START Dataset

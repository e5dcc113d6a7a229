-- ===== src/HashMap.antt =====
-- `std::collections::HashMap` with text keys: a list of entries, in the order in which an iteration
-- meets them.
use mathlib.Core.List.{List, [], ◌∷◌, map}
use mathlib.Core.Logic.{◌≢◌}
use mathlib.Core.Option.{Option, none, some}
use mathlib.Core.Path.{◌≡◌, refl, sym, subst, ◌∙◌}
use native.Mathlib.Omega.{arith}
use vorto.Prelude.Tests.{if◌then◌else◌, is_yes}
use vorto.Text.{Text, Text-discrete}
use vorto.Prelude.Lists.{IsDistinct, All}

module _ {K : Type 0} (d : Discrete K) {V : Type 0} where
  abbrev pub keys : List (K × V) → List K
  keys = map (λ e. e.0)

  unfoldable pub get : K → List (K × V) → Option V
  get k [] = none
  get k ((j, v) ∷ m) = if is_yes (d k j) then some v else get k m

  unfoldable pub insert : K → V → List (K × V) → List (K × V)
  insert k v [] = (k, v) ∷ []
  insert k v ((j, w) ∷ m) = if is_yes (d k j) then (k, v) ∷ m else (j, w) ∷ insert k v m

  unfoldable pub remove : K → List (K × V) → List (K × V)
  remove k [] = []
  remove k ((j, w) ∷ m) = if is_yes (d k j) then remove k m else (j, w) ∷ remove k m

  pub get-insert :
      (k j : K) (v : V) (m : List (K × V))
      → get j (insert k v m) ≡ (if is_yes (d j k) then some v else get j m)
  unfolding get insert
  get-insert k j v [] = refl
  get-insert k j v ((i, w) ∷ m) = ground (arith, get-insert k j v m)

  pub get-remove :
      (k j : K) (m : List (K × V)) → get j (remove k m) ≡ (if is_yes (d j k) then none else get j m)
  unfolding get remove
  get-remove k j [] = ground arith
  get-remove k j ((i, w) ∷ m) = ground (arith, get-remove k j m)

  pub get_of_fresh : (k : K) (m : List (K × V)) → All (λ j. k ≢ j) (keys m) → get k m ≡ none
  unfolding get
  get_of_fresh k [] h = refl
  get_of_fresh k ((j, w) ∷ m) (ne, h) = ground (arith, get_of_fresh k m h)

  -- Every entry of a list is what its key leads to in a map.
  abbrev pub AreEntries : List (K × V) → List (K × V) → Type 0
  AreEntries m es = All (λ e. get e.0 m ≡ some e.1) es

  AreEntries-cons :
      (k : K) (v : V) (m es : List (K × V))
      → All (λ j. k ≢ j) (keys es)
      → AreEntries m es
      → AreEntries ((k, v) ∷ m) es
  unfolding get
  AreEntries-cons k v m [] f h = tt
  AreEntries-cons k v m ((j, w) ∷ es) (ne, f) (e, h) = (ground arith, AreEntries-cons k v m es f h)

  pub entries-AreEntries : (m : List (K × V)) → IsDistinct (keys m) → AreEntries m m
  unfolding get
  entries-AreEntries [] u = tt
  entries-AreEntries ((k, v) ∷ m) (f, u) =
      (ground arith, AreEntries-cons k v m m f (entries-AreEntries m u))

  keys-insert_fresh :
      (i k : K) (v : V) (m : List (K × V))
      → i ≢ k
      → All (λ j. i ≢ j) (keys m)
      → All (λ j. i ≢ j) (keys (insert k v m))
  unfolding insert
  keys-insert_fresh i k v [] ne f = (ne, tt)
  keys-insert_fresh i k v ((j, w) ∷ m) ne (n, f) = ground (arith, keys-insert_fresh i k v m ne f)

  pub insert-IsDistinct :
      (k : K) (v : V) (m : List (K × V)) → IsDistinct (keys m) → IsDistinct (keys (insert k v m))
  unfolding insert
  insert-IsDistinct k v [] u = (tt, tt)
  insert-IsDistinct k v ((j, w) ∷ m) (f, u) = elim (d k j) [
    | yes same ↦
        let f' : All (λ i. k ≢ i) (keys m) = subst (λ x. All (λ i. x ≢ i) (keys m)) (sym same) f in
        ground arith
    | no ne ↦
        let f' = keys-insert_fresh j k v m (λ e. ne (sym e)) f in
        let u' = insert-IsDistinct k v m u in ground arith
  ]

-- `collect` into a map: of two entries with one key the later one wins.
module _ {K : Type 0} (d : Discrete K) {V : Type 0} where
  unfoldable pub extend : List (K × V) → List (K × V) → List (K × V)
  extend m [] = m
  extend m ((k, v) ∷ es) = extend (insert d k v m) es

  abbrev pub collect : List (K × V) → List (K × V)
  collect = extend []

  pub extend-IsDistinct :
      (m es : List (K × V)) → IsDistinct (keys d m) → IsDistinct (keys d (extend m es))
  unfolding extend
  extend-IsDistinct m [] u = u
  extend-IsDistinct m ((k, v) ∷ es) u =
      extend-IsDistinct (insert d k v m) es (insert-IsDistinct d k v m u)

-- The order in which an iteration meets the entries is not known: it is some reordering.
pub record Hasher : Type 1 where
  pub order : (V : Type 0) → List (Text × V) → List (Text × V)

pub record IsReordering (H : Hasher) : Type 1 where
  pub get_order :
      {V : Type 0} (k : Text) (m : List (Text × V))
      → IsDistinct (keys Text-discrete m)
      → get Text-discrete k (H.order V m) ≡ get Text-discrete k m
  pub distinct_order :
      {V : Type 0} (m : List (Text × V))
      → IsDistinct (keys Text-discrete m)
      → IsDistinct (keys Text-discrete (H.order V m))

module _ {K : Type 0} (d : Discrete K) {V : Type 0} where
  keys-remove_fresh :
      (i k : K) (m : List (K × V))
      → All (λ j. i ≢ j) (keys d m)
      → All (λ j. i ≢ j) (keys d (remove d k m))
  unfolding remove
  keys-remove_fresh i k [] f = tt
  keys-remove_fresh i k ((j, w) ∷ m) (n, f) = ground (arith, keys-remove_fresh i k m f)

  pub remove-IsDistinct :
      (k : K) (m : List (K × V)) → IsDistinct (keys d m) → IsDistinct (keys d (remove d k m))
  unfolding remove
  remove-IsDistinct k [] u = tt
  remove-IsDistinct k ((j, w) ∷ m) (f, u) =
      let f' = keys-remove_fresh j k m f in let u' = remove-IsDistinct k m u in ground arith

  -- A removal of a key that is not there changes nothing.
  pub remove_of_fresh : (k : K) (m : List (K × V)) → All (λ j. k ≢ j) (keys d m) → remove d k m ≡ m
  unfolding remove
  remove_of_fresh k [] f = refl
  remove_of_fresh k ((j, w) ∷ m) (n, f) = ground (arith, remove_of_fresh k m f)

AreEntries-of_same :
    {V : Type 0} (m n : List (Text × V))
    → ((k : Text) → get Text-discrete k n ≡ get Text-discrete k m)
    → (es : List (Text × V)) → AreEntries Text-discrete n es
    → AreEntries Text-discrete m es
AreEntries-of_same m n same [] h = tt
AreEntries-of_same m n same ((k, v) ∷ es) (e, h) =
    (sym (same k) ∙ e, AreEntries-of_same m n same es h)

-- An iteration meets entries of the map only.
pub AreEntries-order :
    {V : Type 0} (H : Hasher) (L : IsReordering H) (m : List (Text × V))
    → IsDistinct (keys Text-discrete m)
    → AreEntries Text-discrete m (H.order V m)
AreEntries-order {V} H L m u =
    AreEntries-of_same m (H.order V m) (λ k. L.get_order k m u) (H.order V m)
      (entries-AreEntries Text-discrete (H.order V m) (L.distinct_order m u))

END Dataset
START Dataset

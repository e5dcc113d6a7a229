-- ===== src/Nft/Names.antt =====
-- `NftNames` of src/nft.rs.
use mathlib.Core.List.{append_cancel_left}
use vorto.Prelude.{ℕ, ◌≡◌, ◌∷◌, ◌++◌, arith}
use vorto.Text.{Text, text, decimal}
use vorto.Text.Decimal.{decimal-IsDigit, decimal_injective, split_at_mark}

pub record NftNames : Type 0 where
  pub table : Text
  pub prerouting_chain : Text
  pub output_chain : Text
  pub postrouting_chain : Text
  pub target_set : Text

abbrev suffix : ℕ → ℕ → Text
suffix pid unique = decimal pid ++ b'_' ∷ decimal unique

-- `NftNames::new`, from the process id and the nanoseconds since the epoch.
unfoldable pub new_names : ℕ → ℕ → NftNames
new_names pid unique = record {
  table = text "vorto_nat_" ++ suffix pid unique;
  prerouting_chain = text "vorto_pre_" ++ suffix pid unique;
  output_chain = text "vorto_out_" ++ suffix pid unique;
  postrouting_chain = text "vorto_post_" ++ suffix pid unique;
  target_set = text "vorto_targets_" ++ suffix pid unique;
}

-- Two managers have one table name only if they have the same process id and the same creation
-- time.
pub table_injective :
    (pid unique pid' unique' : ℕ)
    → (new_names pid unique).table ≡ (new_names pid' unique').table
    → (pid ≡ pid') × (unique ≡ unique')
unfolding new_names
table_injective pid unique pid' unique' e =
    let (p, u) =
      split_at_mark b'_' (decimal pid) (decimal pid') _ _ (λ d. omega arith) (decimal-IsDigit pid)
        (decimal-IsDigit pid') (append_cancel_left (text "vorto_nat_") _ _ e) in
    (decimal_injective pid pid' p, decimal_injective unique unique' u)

END Dataset

Exercise instructions: Could you return exactly the stretch of the data above that starts at the line with "i ≢ j) (keys m)" and ends at the line with "(H.order V m))", both lines included?

Solution for this task:
      → All (λ j. i ≢ j) (keys m)
      → All (λ j. i ≢ j) (keys (insert k v m))
  unfolding insert
  keys-insert_fresh i k v [] ne f = (ne, tt)
  keys-insert_fresh i k v ((j, w) ∷ m) ne (n, f) = ground (arith, keys-insert_fresh i k v m ne f)

  pub insert-IsDistinct :
      (k : K) (v : V) (m : List (K × V)) → IsDistinct (keys m) → IsDistinct (keys (insert k v m))
  unfolding insert
  insert-IsDistinct k v [] u = (tt, tt)
  insert-IsDistinct k v ((j, w) ∷ m) (f, u) = elim (d k j) [
    | yes same ↦
        let f' : All (λ i. k ≢ i) (keys m) = subst (λ x. All (λ i. x ≢ i) (keys m)) (sym same) f in
        ground arith
    | no ne ↦
        let f' = keys-insert_fresh j k v m (λ e. ne (sym e)) f in
        let u' = insert-IsDistinct k v m u in ground arith
  ]

-- `collect` into a map: of two entries with one key the later one wins.
module _ {K : Type 0} (d : Discrete K) {V : Type 0} where
  unfoldable pub extend : List (K × V) → List (K × V) → List (K × V)
  extend m [] = m
  extend m ((k, v) ∷ es) = extend (insert d k v m) es

  abbrev pub collect : List (K × V) → List (K × V)
  collect = extend []

  pub extend-IsDistinct :
      (m es : List (K × V)) → IsDistinct (keys d m) → IsDistinct (keys d (extend m es))
  unfolding extend
  extend-IsDistinct m [] u = u
  extend-IsDistinct m ((k, v) ∷ es) u =
      extend-IsDistinct (insert d k v m) es (insert-IsDistinct d k v m u)

-- The order in which an iteration meets the entries is not known: it is some reordering.
pub record Hasher : Type 1 where
  pub order : (V : Type 0) → List (Text × V) → List (Text × V)

pub record IsReordering (H : Hasher) : Type 1 where
  pub get_order :
      {V : Type 0} (k : Text) (m : List (Text × V))
      → IsDistinct (keys Text-discrete m)
      → get Text-discrete k (H.order V m) ≡ get Text-discrete k m
  pub distinct_order :
      {V : Type 0} (m : List (Text × V))
      → IsDistinct (keys Text-discrete m)
      → IsDistinct (keys Text-discrete (H.order V m))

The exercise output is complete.